## [Activity]
Below are entries. Copy exactly the lines running from the line that holds "Baseline F) where" to the line that holds "pub candidate : Candidate", with both ends included.

## [Material supplied]
====

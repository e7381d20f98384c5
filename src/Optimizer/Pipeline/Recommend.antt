-- ===== src/Optimizer/Pipeline/Recommend.antt =====
-- What a run may recommend.
use mathlib.Core.List.{Memᴰ}
use queryforge.Prelude.{
  ◌≡◌, refl, sym, ◌∙◌, subst, ap, true, none, some, List, [], ◌∷◌, All, Bytes, member, Bool-cases,
  inl, inr,
}
use queryforge.Prelude.Float.{FloatOps, IsOrdered}
use queryforge.Engine.{Outcome, done, fault, Schema}
use queryforge.Sql.{Statement, Parsed, parsed, refused}
use queryforge.Optimizer.{
  Verdict, accepted, rejected, error, Candidate, Result, Baseline, Established, established, failed,
  Verifier, normalize_sql, establish_baseline, verify,
}
use queryforge.Optimizer.Gate.{Proven, verify-accepts-iff-Proven}
use queryforge.Optimizer.Indexes.{IndexExperiment}
use queryforge.Optimizer.Pipeline.{
  verifier, is_accepted, verify_all, pick_best, Parts, Options, Report, Ran, report, aborted,
  table_names, gather, after_baseline, after_introspect, after_parse, run,
}
use queryforge.Optimizer.Pipeline.Best.{pick_best-some}

All-Memᴰ : {A : Type 0} (P : A → Type 0) (xs : List A) {a : A} → All P xs → Memᴰ a xs → P a
All-Memᴰ P [] h m = elim m [ ]
All-Memᴰ P (x ∷ xs) h (Memᴰ.head p) = subst P (sym p) h.0
All-Memᴰ P (x ∷ xs) h (Memᴰ.tail m) = All-Memᴰ P xs h.1 m

abbrev pub report_or : {F X : Type 0} → Report F X → Ran (Report F X) → Report F X
report_or d (report r) = r
report_or d (aborted why) = d

accepted_of : (v : Verdict) → is_accepted v ≡ true → v ≡ accepted
accepted_of accepted h = refl
accepted_of rejected h = cc
accepted_of error h = cc

module _ {F E : Type 0} (fl : FloatOps F) (v : Verifier F E) (base : Baseline F) where
  -- The result of verifying some candidate at some point of the run.
  pub record Verified (r : Result F) : Type 0 where
    pub candidate : Candidate
    pub before : E
    pub result : r ≡ (verify fl v base candidate before).0

  verify_all-Verified :
      (seen : List Bytes) (cs : List Candidate) (e : E)
      → All Verified (verify_all fl v base seen cs e).0
  unfolding verify_all
  verify_all-Verified seen [] e = tt
  verify_all-Verified seen (c ∷ cs) e = elim (Bool-cases (member (normalize_sql c.sql) seen)) [
    | inl old ↦ rw (verify_all, old) (verify_all-Verified seen cs e)
    | inr new ↦
        rw (verify_all, new)
          (
            record { candidate = c; before = e; result = refl },
            verify_all-Verified (normalize_sql c.sql ∷ seen) cs (verify fl v base c e).1,
          )
  ]

-- A recommended rewrite: the verification that made it, and its proof.
pub record Recommended {F E : Type 0} (fl : FloatOps F) (v : Verifier F E) (base : Baseline F)
    (b : Result F) : Type 0 where
  pub verified : Verified fl v base b
  pub proven : Proven fl v base verified.candidate verified.before

module _ {F E : Type 0} (fl : FloatOps F) (ordered : IsOrdered fl) (p : Parts F E)
    (o : Options F) where
  recommend :
      (base : Baseline F) (seen : List Bytes) (cs : List Candidate) (e : E) (b : Result F)
      → pick_best fl none (verify_all fl (verifier p o) base seen cs e).0 ≡ some b
      → Recommended fl (verifier p o) base b
  recommend base seen cs e b chosen =
      let best =
        pick_best-some fl ordered (verify_all fl (verifier p o) base seen cs e).0 b chosen in
      let made : Verified fl (verifier p o) base b =
        All-Memᴰ (Verified fl (verifier p o) base) _
          (verify_all-Verified fl (verifier p o) base seen cs e) best.0 in
      record {
        verified = made;
        proven =
            (verify-accepts-iff-Proven fl (verifier p o) base made.candidate made.before).0
              (ap (λ r. r.verdict) (sym made.result) ∙ accepted_of b.verdict best.1);
      }

  of_established :
      (st : Statement) (schema : Schema F) (r : Established F × E)
      (rep : Report F (IndexExperiment F)) (b : Result F)
      → (after_baseline fl p o st schema r).0 ≡ report rep
      → rep.best ≡ some b
      → Recommended fl (verifier p o) rep.baseline b
  unfolding after_baseline
  of_established st schema (failed why, e) rep b h q = absurd (cc)
  of_established st schema (established base, e) rep b h q =
      let cs = (gather fl p o st schema base (p.analyze st schema base.measured) e).0.0 in
      let e1 = (gather fl p o st schema base (p.analyze st schema base.measured) e).1 in
      subst (λ x. x.best ≡ some b → Recommended fl (verifier p o) x.baseline b)
        (ap (report_or rep) h) (recommend base (normalize_sql st.sql ∷ []) cs e1 b) q

  of_introspected :
      (st : Statement) (r : Outcome (Schema F) × E) (rep : Report F (IndexExperiment F))
      (b : Result F)
      → (after_introspect fl p o st r).0 ≡ report rep
      → rep.best ≡ some b
      → Recommended fl (verifier p o) rep.baseline b
  of_introspected st (fault t, e) rep b h q = absurd (cc)
  of_introspected st (done schema, e) rep b h q =
      of_established st schema (establish_baseline p.engine st o.runs e) rep b h q

  of_parsed :
      (r : Parsed Statement) (e : E) (rep : Report F (IndexExperiment F)) (b : Result F)
      → (after_parse fl p o r e).0 ≡ report rep
      → rep.best ≡ some b
      → Recommended fl (verifier p o) rep.baseline b
  of_parsed (refused why) e rep b h q = absurd (cc)
  of_parsed (parsed st) e rep b h q =
      of_introspected st (p.introspect (table_names st.tables) e) rep b h q

  -- Whatever the model proposes and whatever the rules write, the rewrite that a run recommends is
  -- the result of a verification against the run's own baseline, and is proven: read-only, of the
  -- original's shape, with the original's checksum, and faster beyond the threshold and the noise.
  pub run-recommends-only-proven :
      (sql : Bytes) (e : E) (rep : Report F (IndexExperiment F)) (b : Result F)
      → (run fl p o sql e).0 ≡ report rep
      → rep.best ≡ some b
      → Recommended fl (verifier p o) rep.baseline b
  unfolding run
  run-recommends-only-proven sql e rep b h q = of_parsed (p.parse sql) e rep b h q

====

## [Answer box]
module _ {F E : Type 0} (fl : FloatOps F) (v : Verifier F E) (base : Baseline F) where
  -- The result of verifying some candidate at some point of the run.
  pub record Verified (r : Result F) : Type 0 where
    pub candidate : Candidate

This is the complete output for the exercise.